Era la “señal del cielo” que los fariseos tanto pedían. Pero, al contrario de lo que imaginaban, la manifestación sobrenatural no autenticaba cosa alguna.

Dios tan solamente se rehusaba a hacer brillar su luz sobre tamaña sordidez. Era la señal para que las generaciones futuras aprendieran que el Padre del Unigénito de Dios no pactaría con la perversidad.

Sí, existen maldades que convocan a la propia naturaleza a nunca más ser verde, a las nubes a nunca más ser blancas, al sol a nunca más brillar.

Elie Wiesel, Premio Nobel de la Paz, fue un judío huérfano sobreviviente de un campo de concentración nazi. Cuando escribió su biografía, sólo consintió publicarla después de un silencio de más de diez años; Wiesel no quería apresurarse a comentar sobre la inhumanidad del genocidio nazi.
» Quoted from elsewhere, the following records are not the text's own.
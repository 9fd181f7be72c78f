-- ===== src/Config.antt =====
-- pkg/vcloud/client/config.go: the INI parser, and the configuration that is read with it.
pub mod Safe
pub mod Document
pub mod Reading
pub mod Loading
use csi_driver_bs.Base.{
  ℕ, suc, Bool, true, false, not, ◌&&◌, ◌||◌, eqb, ltb, length, Option, none, some, List, [], ◌∷◌,
  ◌++◌, Result, ok, err, ◌==◌, if◌then◌else◌,
}
use csi_driver_bs.Text.{Text, text_eq, str, is_empty}
use csi_driver_bs.Text.Decimal.{decimal}
use csi_driver_bs.Text.Lines.{split_lines}
use csi_driver_bs.Text.Trim.{trim, trim_space, has_prefix, has_suffix, drop_first, drop_last}
use csi_driver_bs.Dict
use csi_driver_bs.Dict.{Dict}
use csi_driver_bs.Os.{OsError, errorf, Os}
use csi_driver_bs.Client.Request.{Client, new_client}

pub record Config : Type 0 where
  pub api_url : Text
  pub provider_token : Text

abbrev pub default_config_path : Text
default_config_path = str "/etc/config/cloud-config"

abbrev pub config_section_vcloud : Text
config_section_vcloud = str "vCloud"

abbrev pub config_key_mgmt_url : Text
config_key_mgmt_url = str "MGMT_URL"

abbrev pub config_key_provider_token : Text
config_key_provider_token = str "PROVIDER_TOKEN"

-- A `map[string]map[string]string`.
abbrev pub Sections : Type 0
Sections = Dict Text (Dict Text Text)

-- `sections` and `currentSection`.
pub record Parsing : Type 0 where
  pub sections : Sections
  pub current : Text

abbrev pub is_comment : Text → Bool
is_comment line = is_empty line || (has_prefix b'#' line || has_prefix b';' line)

abbrev pub is_header : Text → Bool
is_header line = has_prefix b'[' line && has_suffix b']' line

abbrev pub is_quote : ℕ → Bool
is_quote c = eqb c b'"' || eqb c b'\''

-- `strings.SplitN(line, "=", 2)`, none where there is no second part.
unfoldable pub split_at_equals : Text → Option (Text × Text)
split_at_equals [] = none
split_at_equals (c ∷ s) =
    let rest = split_at_equals s in
    if eqb c b'='
    then some ([], s)
    else elim rest [ none ↦ none | some (key, value) ↦ some (c ∷ key, value) ]

-- A section header.
unfoldable pub enter_section : Text → Parsing → Parsing
enter_section name p = record {
  sections = elim (Dict.lookup name p.sections) [
    | none ↦ Dict.insert name [] p.sections
    | some _ ↦ p.sections
  ];
  current = name;
}

-- `sections[currentSection][key] = value`, which panics if the section is not there.
unfoldable pub assign : Text → Text → Parsing → Option Parsing
assign key value p = elim (Dict.lookup p.current p.sections) [
  | none ↦ none
  | some section ↦
      some
        (record p { sections = Dict.insert p.current (Dict.insert key value section) p.sections })
]

-- A line that is no comment and no header.
unfoldable pub parse_pair : Text → Parsing → Option Parsing
parse_pair line p = if is_empty p.current then some p else elim (split_at_equals line) [
  | none ↦ some p
  | some (key, value) ↦ assign (trim_space key) (trim is_quote (trim_space value)) p
]

-- The body of the loop, on a line that is trimmed.
unfoldable pub parse_line : Text → Parsing → Option Parsing
parse_line line p =
    if is_comment line
    then some p
    else if is_header line
    then some (enter_section (trim_space (drop_first (drop_last line))) p)
    else parse_pair line p

-- The loop; none is a panic.
unfoldable pub parse_lines : List Text → Parsing → Option Parsing
parse_lines [] p = some p
parse_lines (line ∷ lines) p = elim (parse_line (trim_space line) p) [
  | none ↦ none
  | some p' ↦ parse_lines lines p'
]

-- `bufio.ScanLines`: a line without a carriage return at its end.
abbrev pub drop_return : Text → Text
drop_return line = if has_suffix b'\r' line then drop_last line else line

-- The lines that the scanner gives: up to one of 64 KiB, and not an empty one at the end of the file.
-- The flag says whether such a line stopped it.
unfoldable pub scan : List Text → List Text × Bool
scan [] = ([], false)
scan (line ∷ lines) =
    let (others, stopped) = scan lines in
    if not (ltb (length line) 65536) then ([], true) else elim lines [
      | [] ↦ (if is_empty line then [] else drop_return line ∷ [], false)
      | _ ∷ _ ↦ (drop_return line ∷ others, stopped)
    ]

-- The error of the scanner: of a line that is too long, or of the file.
abbrev pub scan_error : Bool → Option OsError → Option OsError
scan_error true e = some (errorf (str "bufio.Scanner: token too long"))
scan_error false e = e

abbrev pub nothing_parsed : Parsing
nothing_parsed = record { sections = []; current = [] }

-- What is parsed of the bytes that could be read, with the error that ended the reading; none is a
-- panic.
unfoldable pub parse_ini : Text → Option OsError → Option (Result OsError Sections)
parse_ini text read_error =
    let (lines, stopped) = scan (split_lines text) in
    elim (parse_lines lines nothing_parsed) [
      | none ↦ none
      | some p ↦ elim (scan_error stopped read_error) [
        | none ↦ some (ok p.sections)
        | some e ↦ some (
            err (
              errorf (
                str "error reading config file at line "
                ++ (decimal (length lines) ++ (str ": " ++ e.message)))))
      ]
    ]

-- `v, ok := m[key]; !ok || v == ""`, as the value or nothing.
abbrev pub value_in : Text → Dict Text Text → Option Text
value_in key section = elim (Dict.lookup key section) [
  | none ↦ none
  | some value ↦ if is_empty value then none else some value
]

abbrev missing_key : Text → OsError
missing_key key =
    errorf (str "missing " ++ (key ++ (str " in [" ++ (config_section_vcloud ++ str "] section"))))

unfoldable pub config_of_section : Dict Text Text → Result OsError Config
config_of_section section = elim (value_in config_key_mgmt_url section) [
  | none ↦ err (missing_key config_key_mgmt_url)
  | some url ↦ elim (value_in config_key_provider_token section) [
    | none ↦ err (missing_key config_key_provider_token)
    | some token ↦ ok (record { api_url = url; provider_token = token })
  ]
]

unfoldable pub config_of : Result OsError Sections → Result OsError Config
config_of (err e) = err (errorf (str "failed to parse config file: " ++ e.message))
config_of (ok sections) = elim (Dict.lookup config_section_vcloud sections) [
  | none ↦
      err (errorf (str "missing [" ++ (config_section_vcloud ++ str "] section in config file")))
  | some section ↦ config_of_section section
]

-- `(*Config).Validate`
unfoldable pub validate_config : Config → Option OsError
validate_config c =
    if is_empty c.api_url
    then some (errorf (str "API URL is required"))
    else if is_empty c.provider_token
    then some (errorf (str "provider token is required"))
    else none

unfoldable pub new_client_from_config : Config → Client
new_client_from_config c = new_client c.api_url c.provider_token

module _ {W : Type 0} (os : Os W) where
  unfoldable pub parse_ini_file : Text → W → Option (Result OsError Sections) × W
  parse_ini_file path w =
      let (r, w') = os.open_file path w in
      elim r [
        | err e ↦ (some (err e), w')
        | ok (text, read_error) ↦ (parse_ini text read_error, w')
      ]

  unfoldable pub load_config_from_file : Text → W → Option (Result OsError Config) × W
  load_config_from_file path w =
      let (r, w') = parse_ini_file path w in
      elim r [ none ↦ (none, w') | some sections ↦ (some (config_of sections), w') ]

  unfoldable pub load_config : W → Option (Result OsError Config) × W
  load_config w = load_config_from_file default_config_path w
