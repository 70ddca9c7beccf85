-- ===== src/Receiver/Fence.antt =====
-- receiver_flush of firmware/main/receiver.c as a fence for the events posted before it.
use esp_now_harness.Common.{
  ℕ, zero, suc, ◌+◌, ◌≤◌, ◌<◌, ◌≡◌, ap, ◌∙◌, inl, inr, Bool, true, not, List, [], ◌∷◌, ◌++◌, arith,
  length, length-append, take, Bool-cases, leb,
}
use mathlib.Core.List.{append_assoc}
use esp_now_harness.Runtime.Frame.{at_if}
use esp_now_harness.Runtime.{System, Platform}
use esp_now_harness.Receiver.{Event, ev_rx, ev_tx_ok, ev_tx_fail, ev_drop, ev_barrier}
use esp_now_harness.Receiver.Queue.{Mailbox, receiver_flush}

unfoldable pub barriers : List Event → ℕ
barriers [] = 0
barriers (ev_barrier ∷ es) = suc (barriers es)
barriers (_ ∷ es) = barriers es

-- The events that the queue has accepted since the start, in order; how many of them the receiver's
-- task has handled; and how many of its notifications the control task has taken. The other tasks and
-- the callbacks run in every call, and post no barrier: it is the control task's.
pub record Fifo {W : Type 0} (p : Platform W) (mb : Mailbox W) : Type 0 where
  pub accepted : W → List Event
  pub handled : W → ℕ
  pub taken : W → ℕ
  pub post_barrier :
      (ms : ℕ) (s : System W)
      → (mb.queue_send ev_barrier ms s).0 ≡ true
      → (before : List Event) × (after : List Event) × (accepted
            (mb.queue_send ev_barrier ms s).1.world
          ≡ (accepted s.world ++ before) ++ (ev_barrier ∷ after))
        × (barriers before ≡ 0)
        × (taken (mb.queue_send ev_barrier ms s).1.world ≡ taken s.world)
  -- A notification that is taken was given for a barrier that is handled, and was not taken before.
  pub notified :
      (ms : ℕ) (s : System W)
      → (p.notify_take ms s).0 ≡ true
      → let t = (p.notify_take ms s).1 in
        taken s.world < barriers (take (handled t.world) (accepted t.world))
  pub grows :
      (ms : ℕ) (s : System W)
      → (more : List Event) × (accepted (p.notify_take ms s).1.world ≡ accepted s.world ++ more)

barriers-append : (as' bs : List Event) → barriers (as' ++ bs) ≡ barriers as' + barriers bs
unfolding barriers
barriers-append [] bs = omega arith
barriers-append (ev_barrier ∷ as') bs = omega (arith, barriers-append as' bs)
barriers-append (ev_rx a b c ∷ as') bs = barriers-append as' bs
barriers-append (ev_tx_ok ∷ as') bs = barriers-append as' bs
barriers-append (ev_tx_fail ∷ as') bs = barriers-append as' bs
barriers-append (ev_drop ∷ as') bs = barriers-append as' bs

-- A prefix that ends within `as'` has no barrier but theirs.
barriers-take :
    (n : ℕ) (as' bs : List Event) → n ≤ length as' → barriers (take n (as' ++ bs)) ≤ barriers as'
unfolding barriers
barriers-take zero as' bs h = omega arith
barriers-take (suc n) [] bs h = absurd (omega arith)
barriers-take (suc n) (ev_barrier ∷ as') bs h = omega (arith, barriers-take n as' bs)
barriers-take (suc n) (ev_rx a b c ∷ as') bs h = barriers-take n as' bs (omega arith)
barriers-take (suc n) (ev_tx_ok ∷ as') bs h = barriers-take n as' bs (omega arith)
barriers-take (suc n) (ev_tx_fail ∷ as') bs h = barriers-take n as' bs (omega arith)
barriers-take (suc n) (ev_drop ∷ as') bs h = barriers-take n as' bs (omega arith)

module _ {W : Type 0} (p : Platform W) (mb : Mailbox W) (x : Fifo p mb) where
  open x use {accepted, handled, taken}

  -- What the flush shows of a state `t` after `s`.
  abbrev Flushed : System W → System W → Type 0
  Flushed s t =
      (length (accepted s.world) < handled t.world)
      × ((more : List Event) × (accepted t.world ≡ accepted s.world ++ more))

  taken_after :
      (ms : ℕ) (s : System W)
      → taken s.world ≡ barriers (accepted s.world)
      → (mb.queue_send ev_barrier ms s).0 ≡ true
      → let u = (mb.queue_send ev_barrier ms s).1 in
        (p.notify_take ms u).0 ≡ true → Flushed s (p.notify_take ms u).1
  taken_after ms s h posted took =
      let u = (mb.queue_send ev_barrier ms s).1 in
      let t = (p.notify_take ms u).1 in
      let (before, after, is, none_before, same) = x.post_barrier ms s posted in
      let (more, grown) = x.grows ms u in
      let old = accepted s.world in
      let new = (ev_barrier ∷ after) ++ more in
      let all : accepted t.world ≡ (old ++ before) ++ new =
        grown ∙ ap (λ es. es ++ more) is ∙ append_assoc (old ++ before) (ev_barrier ∷ after) more in
      let given = x.notified ms u took in
      let count = barriers-append old before in
      let late : length (old ++ before) < handled t.world =
        elim (Bool-cases (leb (handled t.world) (length (old ++ before)))) [
          | inl early ↦
              let few =
                barriers-take (handled t.world) (old ++ before) new (ground (arith, early)) in
              let few' : barriers (take (handled t.world) (accepted t.world))
                  ≤ barriers (old ++ before) =
                rw all few in
              absurd (omega (arith, few', given, count))
          | inr late ↦ ground (arith, late)
        ] in
      (
        omega (arith, late, length-append old before),
        (before ++ new, all ∙ append_assoc old before new),
      )

  -- receiver_flush is a fence: where the control task has taken a notification for every barrier that it
  -- posted before, a flush that returns true has had every event handled that the queue had accepted
  -- when it began, and the barrier too; the receiver's task and the callbacks run in every call.
  pub receiver_flush-fence :
      (ms : ℕ) (s : System W)
      → taken s.world ≡ barriers (accepted s.world)
      → (receiver_flush p mb ms s).0 ≡ true
      → let t = (receiver_flush p mb ms s).1 in
        (length (accepted s.world) < handled t.world)
        × ((more : List Event) × (accepted t.world ≡ accepted s.world ++ more))
  unfolding receiver_flush
  receiver_flush-fence ms s h =
      let n = s.node in
      let u = (mb.queue_send ev_barrier ms s).1 in
      let P : Bool × System W → Type 0 = λ r. r.0 ≡ true → Flushed s r.1 in
      at_if P (not n.queue) _ _ s (λ _ e. cc)
        (λ _.
          at_if P (mb.queue_send ev_barrier ms s).0 _ _ u (λ y. taken_after ms s h y) (λ _ e. cc))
En “Night” (La Noche), Wiesel cuenta, con una intensidad vívida y reflexiva, su sufrimiento, trabajo, angustia y crisis de fe en el campo de concentración.

La historia de la ejecución de tres personas sospechosas de resistencia (dos adultos y un niño) es el relato más doloroso:

Los tres condenados subieron a la vez a sus sillas. Los tres cuellos fueron introducidos al mismo tiempo en los nudos corredizos.

-¡Viva la libertad! -gritaron los dos adultos.
El pequeño estaba en silencio.

-“¿Dónde está el buen Dios, dónde?”- preguntó alguien detrás de mí.

A una señal del jefe del campo, las tres sillas cayeron. Un silencio absoluto descendió sobre todo el campo. El sol se ponía en el horizonte.

Después comenzó el desfile. Los dos adultos ya no vivían. Sus lenguas colgaban hinchadas, azuladas. Pero la tercera soga no estaba inmóvil: el niño, muy liviano, vivía aún...

Permaneció así más de media hora, luchando entre la vida y la muerte, agonizando ante nuestros ojos. Y nosotros teníamos que mirarle bien de frente.

Cuando pasé frente a él todavía estaba vivo. Su lengua seguía roja, y su mirada no se había apagado.

Escuché al mismo hombre detrás de mí:
-“¿Dónde está Dios?”-

Y en mi interior escuche una voz que respondía:
"¿Dónde está? Pues aquí, aquí colgado, en esta horca..."

Esa noche, la sopa tenía gusto a cadáver.

No entiendo qué me motivó a escribir sobre estos dos eventos tan crudos, el Calvario y Birkenau.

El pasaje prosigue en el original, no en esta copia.